#### [THE PROBLEM]
Look for "true" in the material below and show each line that contains it.

#### [ENTRIES SUPPLIED]

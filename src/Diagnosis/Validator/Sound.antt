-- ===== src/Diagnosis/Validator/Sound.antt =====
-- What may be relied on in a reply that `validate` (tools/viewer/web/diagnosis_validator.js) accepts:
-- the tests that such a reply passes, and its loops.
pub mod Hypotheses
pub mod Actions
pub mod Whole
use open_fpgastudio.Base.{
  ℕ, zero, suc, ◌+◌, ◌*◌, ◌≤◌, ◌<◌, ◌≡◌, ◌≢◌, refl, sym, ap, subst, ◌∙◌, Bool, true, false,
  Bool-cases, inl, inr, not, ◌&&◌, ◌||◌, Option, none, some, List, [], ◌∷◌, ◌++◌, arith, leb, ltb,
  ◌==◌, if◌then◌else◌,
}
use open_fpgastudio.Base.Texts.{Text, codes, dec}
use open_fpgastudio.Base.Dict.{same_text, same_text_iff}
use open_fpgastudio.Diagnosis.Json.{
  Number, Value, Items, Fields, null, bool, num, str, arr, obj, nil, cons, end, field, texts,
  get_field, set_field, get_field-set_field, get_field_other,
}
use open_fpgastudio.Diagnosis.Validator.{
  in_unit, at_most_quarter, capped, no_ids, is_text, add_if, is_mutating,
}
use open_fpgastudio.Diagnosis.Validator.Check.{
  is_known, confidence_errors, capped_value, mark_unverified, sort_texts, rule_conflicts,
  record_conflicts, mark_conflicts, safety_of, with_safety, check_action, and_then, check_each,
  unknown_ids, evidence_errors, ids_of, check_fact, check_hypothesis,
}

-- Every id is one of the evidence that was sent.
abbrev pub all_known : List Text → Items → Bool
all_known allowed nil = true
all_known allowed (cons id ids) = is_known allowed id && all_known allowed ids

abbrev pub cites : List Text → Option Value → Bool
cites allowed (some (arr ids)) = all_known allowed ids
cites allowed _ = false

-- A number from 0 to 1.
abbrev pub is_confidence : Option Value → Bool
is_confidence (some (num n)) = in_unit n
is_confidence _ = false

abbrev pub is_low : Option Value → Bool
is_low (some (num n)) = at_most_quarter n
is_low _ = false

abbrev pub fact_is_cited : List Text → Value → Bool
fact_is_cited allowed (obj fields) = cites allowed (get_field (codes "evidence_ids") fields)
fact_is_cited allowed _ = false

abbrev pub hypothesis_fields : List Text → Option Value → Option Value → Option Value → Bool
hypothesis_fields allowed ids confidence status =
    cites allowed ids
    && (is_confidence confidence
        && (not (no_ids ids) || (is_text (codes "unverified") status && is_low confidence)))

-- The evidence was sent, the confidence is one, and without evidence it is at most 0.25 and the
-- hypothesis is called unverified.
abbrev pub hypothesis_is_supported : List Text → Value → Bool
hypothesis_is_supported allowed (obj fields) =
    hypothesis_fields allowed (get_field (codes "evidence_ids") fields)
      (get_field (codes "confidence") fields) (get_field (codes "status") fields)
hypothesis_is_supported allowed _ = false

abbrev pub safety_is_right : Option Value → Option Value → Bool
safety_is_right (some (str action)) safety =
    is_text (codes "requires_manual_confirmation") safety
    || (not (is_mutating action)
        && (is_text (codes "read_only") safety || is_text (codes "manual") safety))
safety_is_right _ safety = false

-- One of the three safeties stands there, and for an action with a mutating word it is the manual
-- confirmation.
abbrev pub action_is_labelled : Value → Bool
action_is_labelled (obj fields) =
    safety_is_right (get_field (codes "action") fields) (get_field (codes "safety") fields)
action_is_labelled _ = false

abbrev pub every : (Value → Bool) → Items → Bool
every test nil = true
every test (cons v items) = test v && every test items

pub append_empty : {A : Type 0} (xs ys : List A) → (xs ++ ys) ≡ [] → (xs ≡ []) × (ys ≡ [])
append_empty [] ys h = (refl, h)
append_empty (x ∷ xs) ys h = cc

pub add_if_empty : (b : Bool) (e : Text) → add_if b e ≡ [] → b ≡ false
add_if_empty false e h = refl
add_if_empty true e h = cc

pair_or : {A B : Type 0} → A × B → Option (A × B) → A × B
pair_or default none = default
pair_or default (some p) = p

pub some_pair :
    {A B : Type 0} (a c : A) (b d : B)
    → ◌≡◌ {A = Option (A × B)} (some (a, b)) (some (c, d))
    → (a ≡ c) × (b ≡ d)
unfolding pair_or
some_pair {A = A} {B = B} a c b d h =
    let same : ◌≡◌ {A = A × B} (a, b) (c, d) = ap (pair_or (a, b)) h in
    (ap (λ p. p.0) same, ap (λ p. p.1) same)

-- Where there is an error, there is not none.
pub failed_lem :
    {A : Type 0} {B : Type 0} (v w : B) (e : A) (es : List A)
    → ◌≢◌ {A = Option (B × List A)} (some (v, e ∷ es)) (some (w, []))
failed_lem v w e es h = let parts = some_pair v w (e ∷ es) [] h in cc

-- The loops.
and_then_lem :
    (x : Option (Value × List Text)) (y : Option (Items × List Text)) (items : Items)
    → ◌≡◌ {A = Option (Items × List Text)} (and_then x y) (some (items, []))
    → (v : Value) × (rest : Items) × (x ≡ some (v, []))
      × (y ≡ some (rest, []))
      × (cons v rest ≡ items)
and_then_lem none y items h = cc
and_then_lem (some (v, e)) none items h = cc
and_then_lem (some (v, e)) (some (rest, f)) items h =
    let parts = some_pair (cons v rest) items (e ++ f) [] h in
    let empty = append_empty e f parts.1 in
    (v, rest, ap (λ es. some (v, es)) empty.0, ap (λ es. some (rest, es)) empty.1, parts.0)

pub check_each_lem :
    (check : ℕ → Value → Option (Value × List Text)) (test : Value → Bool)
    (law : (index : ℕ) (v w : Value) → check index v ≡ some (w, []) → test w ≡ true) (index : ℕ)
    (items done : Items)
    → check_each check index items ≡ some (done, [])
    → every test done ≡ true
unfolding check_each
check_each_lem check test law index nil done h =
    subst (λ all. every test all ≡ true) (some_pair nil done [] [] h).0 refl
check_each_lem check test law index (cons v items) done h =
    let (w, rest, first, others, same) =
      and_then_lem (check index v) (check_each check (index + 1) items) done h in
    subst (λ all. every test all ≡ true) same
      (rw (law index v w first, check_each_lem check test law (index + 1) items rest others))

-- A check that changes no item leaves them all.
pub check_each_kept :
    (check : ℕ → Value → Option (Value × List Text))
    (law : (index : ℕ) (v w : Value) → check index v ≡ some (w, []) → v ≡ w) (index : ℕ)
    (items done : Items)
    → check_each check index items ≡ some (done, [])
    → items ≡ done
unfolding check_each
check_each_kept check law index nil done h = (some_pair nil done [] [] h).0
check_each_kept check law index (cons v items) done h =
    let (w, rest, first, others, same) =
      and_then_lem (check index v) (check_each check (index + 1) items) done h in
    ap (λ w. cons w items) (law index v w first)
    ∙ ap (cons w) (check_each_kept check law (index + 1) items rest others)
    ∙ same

#### [EXERCISE OUTPUT]
  ℕ, zero, suc, ◌+◌, ◌*◌, ◌≤◌, ◌<◌, ◌≡◌, ◌≢◌, refl, sym, ap, subst, ◌∙◌, Bool, true, false,
all_known allowed nil = true
every test nil = true
add_if_empty true e h = cc
    (law : (index : ℕ) (v w : Value) → check index v ≡ some (w, []) → test w ≡ true) (index : ℕ)
    → every test done ≡ true
    subst (λ all. every test all ≡ true) (some_pair nil done [] [] h).0 refl
    subst (λ all. every test all ≡ true) same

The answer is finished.